Friday, January 9, 2009

Mother in law Chronicles

So we went to BRU to get our crib today. We had to go to 2 different stores because the first didn't have it in stock. The second is about 7 minutes from MIL's house. So I told Jeff he should call his mother to meet us for lunch. We had to eat anyway and it would get that silly little see her/visit with the kids obligation out of the way. We were about 40 minutes away and Jeff told her that. She said if she rushed, she could be ready in 20 minutes. OK...but why? We're 40 minutes away, do you really need to rush and then wait 20 minutes for us?
We got stuck in traffic and ended up being about 10 minutes late. I tried to call to leave a message, but she didn't answer, so we figured she already left. Then we started to wonder if she really got there 20 minutes early and left because she thought we didn't show up or were too late.
Anyway, we get to Ruby Tuesday. I had to pee - bad! So Jeff dropped me off at the front door and I fiugred I'd see her inside. Nope, I pee and come back to the lobby area and see Jeff and the kids, but no Mother in Law. So we wait about 5 minutes. I told Jeff we should just sit because the kids were hungry. It was already 12:30 and they are used to eating between 11 and 12pm. We sit. Fifteen minutes go by and she's still not there. Jeff forgot Zoe's blanket and was about to go out to the car to get it, but I wanted to order lunch first. So we wait 5 more before we can order, then he goes out to the car with Zoe. Now we're wondering if she is at BRU (in the same strip center area) so Jeff says he'll try to look over near their parking lot, but he's at the point where he just doesn't care. Let's eat, get the crib and go home, he says. When he comes back in with the blanket, she's with him. She said she was sitting in her car waiting for us - for over 15 minutes. So, we were going to having lunch in your car? This is Ruby Tuesday, not Sonic. They don't deliver to your car. Why the hell would you not go inside - especially after 15 minutes. And what's really funny is Jeff parked practically front bumper to bumper with her and she still missed him and my van. Oh well.

So then the conversations starts. You may remember the "a lot of restuarants have had freezing pipes problems" comment at Christmas dinner... That thought being based on one Denny's where BIL works having that very problem. She starts talking about the baby and how large I am. I know, she's so polite. But hey, at least she didn't come in telling strangers she'll have to strap me to the roof of the car like they did the dead grandmother in the movie Vacation, like she did years ago when I was pregnant. Evidently my van is large enough to hold me still. I had a CRV back then...must have been too small. So then she says, "Every body is having boys lately" The response that came to mind, "Yes, Nancy, didn't you get the newsletter from God? He's decided not to make girls anymore." But what I actually said was, "My friend, Amy, just had a girl." Still smartass, but not as much as what I was thinking. So then she started talking about 'that girl from Days of Our Lives", Alison Sweeney I guess....who by the way just had a girl. She didn't get the memo from God.

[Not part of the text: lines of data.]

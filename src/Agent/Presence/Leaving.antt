-- ===== src/Agent/Presence/Leaving.antt =====
-- What is left of a desktop agent that has been told to stop (`shutdown` and `goOffline` of
-- services/desktop-agent/src/index.ts).
use mathlib.Core.Path.{subst}
use pocket_dev.Base.{
  ℕ, ◌+◌, ◌<◌, String, ◌≡◌, refl, sym, ◌∙◌, Bool, false, Option, none, some, List, [], ◌∷◌, All,
  Option-cases, inl, inr, arith, if◌then◌else◌,
}
use pocket_dev.Pty.Token.{Payload}
use pocket_dev.Worker.Events.{cloud, desktop}
use pocket_dev.Server.Db.{Db, Api, DesktopPresence, find-update_key, find-append_new}
use pocket_dev.Server.Desktop.{find_presence, offline, resolve_target}
use pocket_dev.Server.Guard.{can_activate}
use pocket_dev.Agent.Presence.{
  AgentConfig, Request, heartbeat_request, close_request, offline_request, Presence, Event,
  interval, terminated, session_exit, arrived, arrival, send, caller, serve, take_out, step, run,
}
use pocket_dev.Agent.Presence.Requests.{
  take_out-All, close-presences, send-All, send-api, send-timer, arrival-All, arrival-timer,
  serve-caller,
}
use pocket_dev.Agent.Presence.Lease.{IsLinked, beat-IsLeased, leased_route}

abbrev IsOff : Option DesktopPresence → Type 0
IsOff none = ⊥
IsOff (some p) = p.online ≡ false

offline-IsOff :
    (user_id : String) (now : ℕ) (db : Db) → IsOff (find_presence user_id (offline user_id now db))
unfolding offline
offline-IsOff user_id now db = elim (Option-cases (find_presence user_id db)) [
  | inl e ↦
      let new : DesktopPresence = record {
        user_id = user_id;
        online = false;
        tunnel_url = none;
        last_heartbeat = now;
      } in
      rw (e, find-append_new (λ (p : DesktopPresence). p.user_id) new db.presences e) refl
  | inr (p, e) ↦
      rw
        (
          e,
          find-update_key (λ (r : DesktopPresence). r.user_id) user_id
              (λ r. record r { online = false }) db.presences (λ r. refl) e,
        )
        refl
]

off_route :
    (window : Option ℕ) (user_id : String) (later : ℕ) (db : Db)
    → IsOff (find_presence user_id db)
    → resolve_target window user_id later db ≡ record { target = cloud; tunnel_url = none }
unfolding resolve_target
off_route window user_id later db off = elim (Option-cases (find_presence user_id db)) [
  | inl e ↦ rw e refl
  | inr (p, e) ↦ let gone : p.online ≡ false = rw e at off in ground (arith, e, gone)
]

-- A request that says nothing of the desktop being there.
abbrev pub IsQuiet : Request → Type 0
IsQuiet (heartbeat_request tunnel_url) = ⊥
IsQuiet (close_request session_id) = Unit
IsQuiet offline_request = Unit

module _ (decode : String → Option Payload) (is_url : String → Bool) (config : AgentConfig)
    (user_id : String) where
  record IsGone (m : Presence) : Type 0 where
    stopped : m.timer ≡ false
    quiet : All IsQuiet m.on_the_way
    off : IsOff (find_presence user_id m.api.db)

  serve-IsOff :
      (r : Request) (now : ℕ) (a : Api)
      → caller (can_activate decode false (some config.token)) ≡ some user_id
      → IsQuiet r
      → IsOff (find_presence user_id a.db)
      → IsOff (find_presence user_id (serve decode is_url config.token now r a).db)
  serve-IsOff (heartbeat_request tunnel_url) now a l quiet off = elim quiet [ ]
  serve-IsOff (close_request session_id) now a l quiet off =
      rw
        (
          serve-caller decode is_url config user_id (close_request session_id) now a l,
          close-presences user_id session_id now a,
        )
        off
  serve-IsOff offline_request now a l quiet off =
      rw (serve-caller decode is_url config user_id offline_request now a l)
        (offline-IsOff user_id now a.db)

  send-IsGone :
      (r : Request) (m : Presence) → IsQuiet r → IsGone m → IsGone (send decode is_url config r m)
  send-IsGone r m quiet gone = record {
    stopped = ground (arith, gone.stopped);
    quiet = send-All decode is_url config IsQuiet r m quiet gone.quiet;
    off = rw (send-api decode is_url config r m) gone.off;
  }

  step-IsGone :
      (e : Event) (m : Presence)
      → caller (can_activate decode false (some config.token)) ≡ some user_id
      → IsGone m
      → IsGone (step decode is_url config e m)
  unfolding step
  step-IsGone interval m l gone =
      let beat = send decode is_url config (heartbeat_request config.tunnel_url) m in
      subst (λ b. IsGone (if b then beat else m)) (sym gone.stopped) gone
  step-IsGone terminated m l gone =
      send-IsGone offline_request (record m { timer = false }) tt
        (record { stopped = refl; quiet = gone.quiet; off = gone.off })
  step-IsGone (session_exit session_id) m l gone = send-IsGone (close_request session_id) m tt gone
  step-IsGone (arrived n now) m l gone = record {
    stopped = arrival-timer decode is_url config n now m ∙ gone.stopped;
    quiet = arrival-All decode is_url config IsQuiet n now m gone.quiet;
    off = elim (Option-cases (take_out n m.on_the_way)) [
      | inl e ↦ rw e gone.off
      | inr ((r, rest), e) ↦ rw e (
          serve-IsOff r now m.api l (take_out-All IsQuiet n m.on_the_way r rest gone.quiet e).0
            gone.off)
    ];
  }

  run-IsGone :
      (es : List Event) (m : Presence)
      → caller (can_activate decode false (some config.token)) ≡ some user_id
      → IsGone m
      → IsGone (run decode is_url config es m)
  unfolding run
  run-IsGone [] m l gone = gone
  run-IsGone (e ∷ es) m l gone =
      run-IsGone es (step decode is_url config e m) l (step-IsGone e m l gone)

  -- The interval is off, and nothing on the way says that the desktop is there.
  record IsStopped (m : Presence) : Type 0 where
    stopped : m.timer ≡ false
    quiet : All IsQuiet m.on_the_way

  step-IsStopped :
      (e : Event) (m : Presence) → IsStopped m → IsStopped (step decode is_url config e m)
  unfolding step
  step-IsStopped interval m h =
      let beat = send decode is_url config (heartbeat_request config.tunnel_url) m in
      subst (λ b. IsStopped (if b then beat else m)) (sym h.stopped) h
  step-IsStopped terminated m h = record {
    stopped = send-timer decode is_url config offline_request (record m { timer = false });
    quiet =
        send-All decode is_url config IsQuiet offline_request (record m { timer = false }) tt
          h.quiet;
  }
  step-IsStopped (session_exit session_id) m h = record {
    stopped = send-timer decode is_url config (close_request session_id) m ∙ h.stopped;
    quiet = send-All decode is_url config IsQuiet (close_request session_id) m tt h.quiet;
  }
  step-IsStopped (arrived n now) m h = record {
    stopped = arrival-timer decode is_url config n now m ∙ h.stopped;
    quiet = arrival-All decode is_url config IsQuiet n now m h.quiet;
  }

  run-IsStopped :
      (es : List Event) (m : Presence) → IsStopped m → IsStopped (run decode is_url config es m)
  unfolding run
  run-IsStopped [] m h = h
  run-IsStopped (e ∷ es) m h =
      run-IsStopped es (step decode is_url config e m) (step-IsStopped e m h)

  -- An agent that is told to stop while no heartbeat is on the way leaves for good: whatever comes in
  -- between, once a request that it is offline has arrived, every job goes to the cloud, whatever happens
  -- later.
  pub gone_stays_offline :
      (between later_events : List Event) (m : Presence) (n now later : ℕ) (window : Option ℕ)
      (rest : List Request)
      → caller (can_activate decode false (some config.token)) ≡ some user_id
      → All IsQuiet m.on_the_way
      → take_out n (run decode is_url config (terminated ∷ between) m).on_the_way
        ≡ some (offline_request, rest)
      → resolve_target window user_id later
          (run decode is_url config
            (arrived n now ∷ later_events)
            (run decode is_url config (terminated ∷ between) m)).api.db
        ≡ record { target = cloud; tunnel_url = none }
  unfolding run step
  gone_stays_offline between later_events m n now later window rest l quiet there =
      let stopped : Presence = record m { timer = false } in
      let asked = send decode is_url config offline_request stopped in
      let first : IsStopped asked = record {
        stopped = send-timer decode is_url config offline_request stopped;
        quiet = send-All decode is_url config IsQuiet offline_request stopped tt quiet;
      } in
      let sent = run decode is_url config between asked in
      let still = run-IsStopped between asked first in
      let leaves : take_out n sent.on_the_way ≡ some (offline_request, rest) = there in
      let told = arrival decode is_url config now (take_out n sent.on_the_way) sent in
      let gone : IsGone told = record {
        stopped = arrival-timer decode is_url config n now sent ∙ still.stopped;
        quiet = arrival-All decode is_url config IsQuiet n now sent still.quiet;
        off =
            rw (leaves, serve-caller decode is_url config user_id offline_request now sent.api l)
              (offline-IsOff user_id now sent.api.db);
      } in
      off_route window user_id later _ (run-IsGone later_events told l gone).off

  -- A heartbeat that is still on the way when the agent is told to stop, and arrives after its last
  -- request, makes the desktop come back: the interval is off, yet for the length of the window the
  -- user's jobs go to the tunnel of an agent that has stopped.
  pub late_beat_revives :
      (m : Presence) (url : String) (n k now later_arrival later window : ℕ)
      (rest after : List Request)
      → IsLinked decode is_url config user_id url
      → take_out n (step decode is_url config terminated m).on_the_way
        ≡ some (offline_request, rest)
      → take_out k rest ≡ some (heartbeat_request config.tunnel_url, after)
      → later < later_arrival + window
      → let end =
          run decode is_url config (terminated ∷ arrived n now ∷ arrived k later_arrival ∷ []) m in
        (end.timer ≡ false)
        × (resolve_target (some window) user_id later end.api.db
            ≡ record { target = desktop; tunnel_url = some url })
  unfolding run step
  late_beat_revives m url n k now later_arrival later window rest after l last beat h =
      let stopped : Presence = record m { timer = false } in
      let sent = send decode is_url config offline_request stopped in
      let leaves : take_out n sent.on_the_way ≡ some (offline_request, rest) = last in
      let told : Presence = record sent {
        on_the_way = rest;
        api = serve decode is_url config.token now offline_request sent.api;
      } in
      (
        rw (leaves, beat) (send-timer decode is_url config offline_request stopped),
        rw (leaves, beat)
            (leased_route decode is_url config user_id url window later_arrival later _ l.filled h
              (beat-IsLeased decode is_url config user_id url later_arrival told.api l)),
      )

A bit later she said, I bet you can't wait until April! I'm due March 6th. So the smartass in me comes out and asks why can't I wait until April??? She said, "well, you know when all of this is over."
"All of what, Nancy?"
"The baby, when the baby is born."
I just simply said, like it's been my plan all along, "This baby will be here next month." I think I only have smart ass in me at this point.
She looked shocked and then back tracked and said, well, you know. When he's here and it's spring.
Yeah, because I'm looking forward to a few flowers I won't be able to stop and smell because I'll be stuck inside with a newborn nursing, crying and sleeping oh and two other kids with school and what not going on. I have nothing else going on...bring on the flowers.

So...at some point we leave. We walk to our car and I can see her car sitting right in front my mine, and remember I was dropped off, so I don't even know where everyone parked. She was walking across the parking lot in the opposite direction. I yelled out, "Nancy, aren't you parked over here?"
And I hear in the whiney, the sky is not blue just because I won't agree with you at all voice, "Nnnoooo?"
So I aksed Jeff. Isn't that her car? She still wandering and searching for her car. Finally she turns and heads our way. We say goodbye. Jeff and I have the kids buckled in and we are getting in when we see her back up without looking behind her. OK. Lucky. We back out and we are at the end of the parking lot when we turn and see her still sitting there crooked in her just backed up position but now with a car behind her waiting for her to move forward and drive on. Jeff just says, "She's confused. She doesn't know how to get out of the parking lot." It was a sad moment. I think he was right. We waited at a stop sign for a minute until we saw her move and then catch up to us. Sad sad...and yet so annoying at the same time.